By systematically analyzing the structure search results and additional calculations of candidate stacks based on the D _3d monolayer, we found three energetically favorable bulk phases, named as δ(D _3d), ω(D _3d), and ϕ(D _3d) (Figure 1c, with explicit structural information given in Table S1, Supporting Information). They are in space groups $P\overline{3}m1$, P6₃ mc, and $R\overline{3}m$, featuring vertical stacking patterns AA, AB (with adjacent monolayers in‐plane rotated by 180° and shifted by 1/3 unit), and ABC (with monolayers shifted by 1/3 unit), respectively.

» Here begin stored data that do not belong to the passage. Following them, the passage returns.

-- ===== src/Net/Ip/Header.antt =====
-- What stands on the wire of the IPv4 header that `ipv4_send` builds.
use obsidian_kernel.Base.{
  ℕ, ◌+◌, ◌*◌, ◌/◌, ◌%◌, ◌^◌, ◌<◌, [], ◌++◌, ◌≡◌, ◌↔◌, refl, ap, sym, take, drop, length, replicate,
  drop-append, AreBytes, reverse, arith, ◌∙◌,
}
use obsidian_kernel.Net.Wire.{Ipv4Hdr, ipv4_bytes, arp_bytes, le32}
use obsidian_kernel.Net.Wire.Laws.{le32-swap32}
use obsidian_kernel.Net.Checksum.{inet_csum}
use obsidian_kernel.Net.Checksum.Laws.{words_sum, inet_csum-words_sum}
use obsidian_kernel.Net.Link.{Net, arp_request}
use obsidian_kernel.Net.Ip.{ipv4_fields, ipv4_header}

fields-AreBytes : (h : Ipv4Hdr) → AreBytes (ipv4_bytes h)
unfolding ipv4_bytes
fields-AreBytes h = omega arith

words_sum-csum :
    (h : Ipv4Hdr) (c : ℕ)
    → h.csum ≡ 0
    → c < 2 ^ 16
    → words_sum (ipv4_bytes (record h { csum = c }))
      ≡ words_sum (ipv4_bytes h) + (c % 256 * 256 + c / 256)
unfolding words_sum ipv4_bytes
words_sum-csum h c z s = omega (arith, z)

ipv4_length : (h : Ipv4Hdr) → length (ipv4_bytes h) ≡ 20
unfolding ipv4_bytes
ipv4_length h = refl

ipv4_csum : (local_ip dst proto seg_len : ℕ) → (ipv4_fields local_ip dst proto seg_len).csum ≡ 0
unfolding ipv4_fields
ipv4_csum local_ip dst proto seg_len = refl

-- The header's words add up to a multiple of 65535, as a receiver demands, exactly if the two bytes of
-- the checksum are equal: the code stores them in the opposite order.
pub ipv4_header_checked :
    (local_ip dst proto seg_len : ℕ)
    → (words_sum (ipv4_bytes (ipv4_header local_ip dst proto seg_len)) % 65535 ≡ 0) ↔ (
        (ipv4_header local_ip dst proto seg_len).csum / 256
        ≡ (ipv4_header local_ip dst proto seg_len).csum % 256)
unfolding ipv4_header words_sum ipv4_bytes
ipv4_header_checked local_ip dst proto seg_len =
    let h = ipv4_fields local_ip dst proto seg_len in
    let c = inet_csum (ipv4_bytes h) [] in
    let sum =
      inet_csum-words_sum (ipv4_bytes h) [] (fields-AreBytes h) (tt) (omega arith)
        (omega (arith, ipv4_length h)) (omega arith) in
    let wire = words_sum-csum h c (ipv4_csum local_ip dst proto seg_len) sum.1 in
    omega (arith, sum, wire)

-- The source address of the header has the bytes of `local_ip` in the opposite order from the sender's
-- address in an ARP request of the same state.
pub ipv4_header_source :
    {N : Type 0} (s : Net N) (ip dst proto seg_len : ℕ)
    → s.local_ip < 2 ^ 32
    → length s.local_mac ≡ 6
    → take 4 (drop 12 (ipv4_bytes (ipv4_header s.local_ip dst proto seg_len)))
      ≡ reverse (take 4 (drop 14 (arp_bytes (arp_request ip s))))
unfolding ipv4_header ipv4_fields ipv4_bytes arp_bytes
ipv4_header_source s ip dst proto seg_len h m = rw m_drop (le32-swap32 s.local_ip h)
  where
    m_drop :
        drop 6 (s.local_mac ++ (le32 s.local_ip ++ (replicate 6 0 ++ le32 ip)))
        ≡ le32 s.local_ip ++ (replicate 6 0 ++ le32 ip)
    m_drop =
        ap (λ n. drop n (s.local_mac ++ (le32 s.local_ip ++ (replicate 6 0 ++ le32 ip)))) (sym m)
        ∙ drop-append s.local_mac (le32 s.local_ip ++ (replicate 6 0 ++ le32 ip))
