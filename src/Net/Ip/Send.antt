-- ===== src/Net/Ip/Send.antt =====
-- Sending to a hop whose address is known.
use obsidian_kernel.Base.{
  ℕ, ltb, Bool, false, List, ◌++◌, length, ◌≡◌, refl, ap, Bool-cases, inl, inr, ge→ltb, ◌≤◌,
}
use obsidian_kernel.Net.Run.{Run, done}
use obsidian_kernel.Net.Wire.{ipv4_bytes}
use obsidian_kernel.Net.Link.{Nic, Net, eth_send, ethertype_ipv4}
use obsidian_kernel.Net.Link.Laws.{arp_resolve-cached, eth_send-card}
use obsidian_kernel.Net.Ip.{ipv4_send, ipv4_transmit, ipv4_header, next_hop}

module _ {N : Type 0} (nic : Nic N) (net_poll : Net N → Run (Net N)) where
  -- No frame is received meanwhile: only the card changes.
  pub ipv4_send-card :
      (dst proto : ℕ) (seg : List ℕ) (s : Net N)
      → s.arp_spa ≡ next_hop dst s
      → (ok : Bool) × (card : N) × (ipv4_send nic net_poll dst proto seg s
          ≡ done (ok, record s { card = card }))
  unfolding ipv4_send ipv4_transmit
  ipv4_send-card dst proto seg s c = elim (Bool-cases (ltb 1480 (length seg))) [
    | inl e ↦ (false, s.card, rw (arp_resolve-cached nic net_poll (next_hop dst s) s c, e) refl)
    | inr e ↦
        (let frame = ipv4_bytes (ipv4_header s.local_ip dst proto (length seg)) ++ seg in
          let sent = eth_send nic ethertype_ipv4 s.arp_tha frame s in
          let (card, kept) = eth_send-card nic ethertype_ipv4 s.arp_tha frame s in
          (
            sent.0,
            card,
            rw (arp_resolve-cached nic net_poll (next_hop dst s) s c, e)
                (ap (λ t. done (sent.0, t)) kept),
          ))
  ]

  -- A segment that fits is handed over behind its header.
  pub ipv4_send-cached :
      (dst proto : ℕ) (seg : List ℕ) (s : Net N)
      → s.arp_spa ≡ next_hop dst s
      → length seg ≤ 1480
      → ipv4_send nic net_poll dst proto seg s
        ≡ done (
            eth_send nic ethertype_ipv4 s.arp_tha
              (ipv4_bytes (ipv4_header s.local_ip dst proto (length seg)) ++ seg)
              s)
  unfolding ipv4_send ipv4_transmit
  ipv4_send-cached dst proto seg s c fits =
      rw (arp_resolve-cached nic net_poll (next_hop dst s) s c, ge→ltb 1480 (length seg) fits) refl
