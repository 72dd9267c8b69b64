-- ===== src/Net/Tcp.antt =====
-- The TCP of net/stack.c: one connection, opened from this side.
pub mod Payload
pub mod States
use obsidian_kernel.Base.{
  ℕ, zero, suc, ◌+◌, ◌-◌, ◌*◌, ◌/◌, ◌%◌, ◌^◌, ◌==◌, ltb, ◌&&◌, ◌||◌, not, Bool, true, false, List,
  [], ◌∷◌, ◌++◌, if◌then◌else◌, length, u8, u16, u32, bit_and, bit_or,
}
use obsidian_kernel.Net.Run.{Run, done, ◌>>=◌}
use obsidian_kernel.Net.Wire.{
  Ipv4Hdr, TcpHdr, tcp_bytes, tcp_read, tcp_size, le16, le32, swap16, swap32,
}
use obsidian_kernel.Net.Checksum.{inet_csum}
use obsidian_kernel.Net.Link.{
  Nic, Net, TcpState, tcp_closed, tcp_syn_sent, tcp_established, tcp_fin_wait,
}
use obsidian_kernel.Net.Ip.{ipv4_send}

abbrev pub tcp_fin : ℕ
tcp_fin = 0x01

abbrev pub tcp_syn : ℕ
tcp_syn = 0x02

abbrev pub tcp_rst : ℕ
tcp_rst = 0x04

abbrev pub tcp_psh : ℕ
tcp_psh = 0x08

abbrev pub tcp_ack : ℕ
tcp_ack = 0x10

abbrev pub proto_tcp : ℕ
proto_tcp = 6

-- `((4096 & 0xFF) << 8) | 0x00`
abbrev pub window : ℕ
window = bit_or (bit_and 4096 0xFF * 2 ^ 8) 0

abbrev pub same_state : TcpState → TcpState → Bool
same_state tcp_closed tcp_closed = true
same_state tcp_syn_sent tcp_syn_sent = true
same_state tcp_established tcp_established = true
same_state tcp_fin_wait tcp_fin_wait = true
same_state _ _ = false

abbrev pub has_flag : ℕ → ℕ → Bool
has_flag flags f = not (bit_and flags f == 0)

-- The pseudo header, for `plen` bytes of payload.
pub pseudo_header : ℕ → ℕ → ℕ → List ℕ
pseudo_header local_ip peer plen =
    le32 (swap32 local_ip) ++ (le32 peer ++ (0 ∷ proto_tcp ∷ le16 (swap16 (tcp_size + plen))))

pub tcp_checksum : ℕ → ℕ → TcpHdr → List ℕ → ℕ
tcp_checksum local_ip peer t payload =
    inet_csum (tcp_bytes t) (pseudo_header local_ip peer (length payload))

-- A header after `memset` and the assignments of its fields but the checksum.
pub tcp_fields : ℕ → ℕ → ℕ → ℕ → ℕ → ℕ → TcpHdr
tcp_fields sport dport seq ack flags win = record {
  sport = sport;
  dport = dport;
  seq = seq;
  ack = ack;
  off_res = 0x50;
  flags = flags;
  win = win;
  csum = 0;
  urg = 0;
}

pub with_checksum : ℕ → ℕ → List ℕ → TcpHdr → TcpHdr
with_checksum local_ip peer payload t = record t { csum = tcp_checksum local_ip peer t payload }

module _ {N : Type 0} (nic : Nic N) (net_poll : Net N → Run (Net N)) where
  -- `for (spin = 0; spin < 500000 && st == TCP_SYN_SENT; spin++) net_poll();`
  pub tcp_spin : ℕ → Net N → Run (Net N)
  tcp_spin zero s = done s
  tcp_spin (suc n) s = if same_state s.st tcp_syn_sent then net_poll s >>= tcp_spin n else done s

  abbrev pub tcp_spins : ℕ
  tcp_spins = 500000

  -- After the SYN has been handed over.
  pub tcp_wait : Bool × Net N → Run (Bool × Net N)
  tcp_wait (false, s) = done (false, s)
  tcp_wait (true, s) = do s ← tcp_spin tcp_spins s; done (same_state s.st tcp_established, s)

  -- True for the result 0, as in the functions after it.
  pub tcp_connect : ℕ → ℕ → Net N → Run (Bool × Net N)
  tcp_connect ip port s =
      if not (same_state s.st tcp_closed) || not (nic.e1000_present s.card)
      then done (false, s)
      else (do
        let t =
            with_checksum s.local_ip (swap32 ip) []
              (tcp_fields (swap16 s.lport) (swap16 port) 1000 0 tcp_syn window)
        let s = record s { rport_want = port; lseq = 1000; rseq = 0; st = tcp_syn_sent }
        sent ← ipv4_send nic net_poll ip proto_tcp (tcp_bytes t) s
        tcp_wait sent)

  pub tcp_send : ℕ → List ℕ → Net N → Run (Bool × Net N)
  tcp_send ip payload s =
      if not (same_state s.st tcp_established)
      then done (false, s)
      else if ltb 1400 (length payload)
      then done (false, s)
      else (let t = with_checksum s.local_ip (swap32 ip) payload (
            tcp_fields (swap16 s.lport) (swap16 s.rport_want) s.lseq s.rseq (bit_or tcp_ack tcp_psh)
              window) in
          ipv4_send nic net_poll ip proto_tcp (tcp_bytes t ++ payload)
            (record s { lseq = u32 (s.lseq + length payload) }))

  unfoldable pub tcp_close : ℕ → Net N → Run (Bool × Net N)
  tcp_close ip s = if not (same_state s.st tcp_established) then done (false, s) else (do
    let t =
        with_checksum s.local_ip (swap32 ip) [] (
          tcp_fields (swap16 s.lport) (swap16 s.rport_want) s.lseq s.rseq (bit_or tcp_fin tcp_ack)
            0)
    (ok, s) ← ipv4_send nic net_poll ip proto_tcp (tcp_bytes t) s
    done (true, record s { st = tcp_closed }))

  -- The answer to a SYN: the acknowledgement, and the connection is established.
  unfoldable pub tcp_accept : TcpHdr → ℕ → Ipv4Hdr → Net N → Run (Net N)
  tcp_accept t src ip s = do
    let rseq = u32 (swap32 t.seq + 1)
    let lseq = swap32 t.ack
    let r = with_checksum s.local_ip ip.src [] (tcp_fields t.dport t.sport lseq rseq tcp_ack window)
    (ok, s) ←
        ipv4_send nic net_poll src proto_tcp (tcp_bytes r) (record s { rseq = rseq; lseq = lseq })
    done (record s { st = tcp_established })

  -- The rest of `tcp_rx`, in a state where no SYN is awaited or the segment has none.
  unfoldable pub tcp_receive : TcpHdr → ℕ → Net N → Run (Net N)
  tcp_receive t src s =
      let s1 = if has_flag t.flags tcp_ack then record s { rseq = swap32 t.seq } else s in
      if has_flag t.flags tcp_rst
      then done (record s { st = tcp_closed })
      else if has_flag t.flags tcp_fin
      then (do (ok, s) ← tcp_close src s1; done s)
      else done s1

  unfoldable pub tcp_rx : List ℕ → ℕ → ℕ → Ipv4Hdr → Net N → Run (Net N)
  tcp_rx seg len src ip s =
      let t = tcp_read seg in
      if ltb len tcp_size
      then done s
      else if same_state s.st tcp_syn_sent && has_flag t.flags tcp_syn
      then tcp_accept t src ip s
      else tcp_receive t src s
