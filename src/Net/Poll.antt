-- ===== src/Net/Poll.antt =====
-- Reception in net/stack.c: the frames of the card, dispatched by their type and protocol.
pub mod Safety
pub mod Ends
use obsidian_kernel.Base.{
  ℕ, zero, suc, ◌+◌, ◌-◌, ◌*◌, ◌/◌, ◌%◌, ◌^◌, ◌==◌, ltb, leb, not, Bool, List, [], ◌∷◌, ◌++◌,
  Option, none, some, if◌then◌else◌, length, drop, u16, bit_and,
}
use obsidian_kernel.Net.Run.{Run, done, unfinished, ◌>>=◌}
use obsidian_kernel.Net.Wire.{
  Ipv4Hdr, ipv4_read, ipv4_size, arp_read, arp_size, read16, swap_type, swap32,
}
use obsidian_kernel.Net.Link.{Nic, Net, arp_rx, ethertype_arp, ethertype_ipv4, eth_size}
use obsidian_kernel.Net.Ip.{icmp_rx, proto_icmp}
use obsidian_kernel.Net.Tcp.{tcp_rx, proto_tcp}

module _ {N : Type 0} (nic : Nic N) where
  -- `pkt` is what stands in the receive buffer from the IPv4 header on, of which `len` bytes have
  -- arrived. A UDP datagram is only printed.
  pub ipv4_rx : (Net N → Run (Net N)) → List ℕ → ℕ → Net N → Run (Net N)
  ipv4_rx net_poll pkt len s =
      let ip = ipv4_read pkt in
      let hlen = bit_and ip.ver_ihl 0xF * 4 in
      let src = swap32 ip.src in
      let left = u16 (len + 2 ^ 16 - hlen) in
      if ltb len ipv4_size
      then done s
      else if not (ip.ver_ihl / 2 ^ 4 == 4)
      then done s
      else if ip.proto == proto_icmp
      then icmp_rx nic net_poll (drop hlen pkt) left src s
      else if ip.proto == proto_tcp
      then tcp_rx nic net_poll (drop hlen pkt) left src ip s
      else done s

  -- One frame of `got` bytes at the start of the receive buffer.
  pub frame_rx : (Net N → Run (Net N)) → ℕ → Net N → Run (Net N)
  frame_rx net_poll got s =
      let kind = swap_type (read16 s.rxbuf 12) in
      if kind == ethertype_arp
      then if leb (eth_size + arp_size) got
        then done (arp_rx nic (arp_read (drop eth_size s.rxbuf)) s)
        else done s
      else if kind == ethertype_ipv4
      then ipv4_rx net_poll (drop eth_size s.rxbuf) (u16 (got - eth_size)) s
      else done s

  -- The frame is stored over the start of the buffer, and what it does not reach stays.
  pub received : List ℕ → N → Net N → Net N
  received frame card s = record s { card = card; rxbuf = frame ++ drop (length frame) s.rxbuf }

  -- A round of the loop: the frame of `e1000_poll` if it has one, and the rounds after it.
  pub poll_round : (Net N → Run (Net N)) → Net N → Option (List ℕ) × N → Run (Net N)
  poll_round net_poll s (none, card) = done (record s { card = card })
  poll_round net_poll s (some frame, card) =
      if leb (length frame) eth_size
      then done (received frame card s)
      else frame_rx net_poll (length frame) (received frame card s) >>= net_poll

  -- The fuel bounds the frames of this call and of those inside it.
  pub net_poll : ℕ → Net N → Run (Net N)
  net_poll zero s = unfinished
  net_poll (suc fuel) s = poll_round (net_poll fuel) s (nic.e1000_poll s.card)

Comprehensive calculations using different vdW functionals indicate that they have comparable energies within 5 meV per atom (Figure S1, Supporting Information), of which the ϕ(D _3d) phase is energetically most favored. Comparing the new δ(D _3d), ω(D _3d), and ϕ(D _3d) phases with the experimentally known ones of the D _3h monolayer (β(D _3h), γ(D _3h), and ε(D _3h)), we found that the explicit energy differences are less than 8 meV per atom regardless of the specific vdW functional used. The energy difference is much smaller than that between the 2H and 1T phases of MoS₂ (≈70 meV per atom),^{[ 43 ]} or of that between black and blue phosphorene (≈14 meV per atom).^{[ 44 ]} This thermodynamically favorable condition implies that there is reasonable likelihood of synthesizing the newly found InSe polymorphs.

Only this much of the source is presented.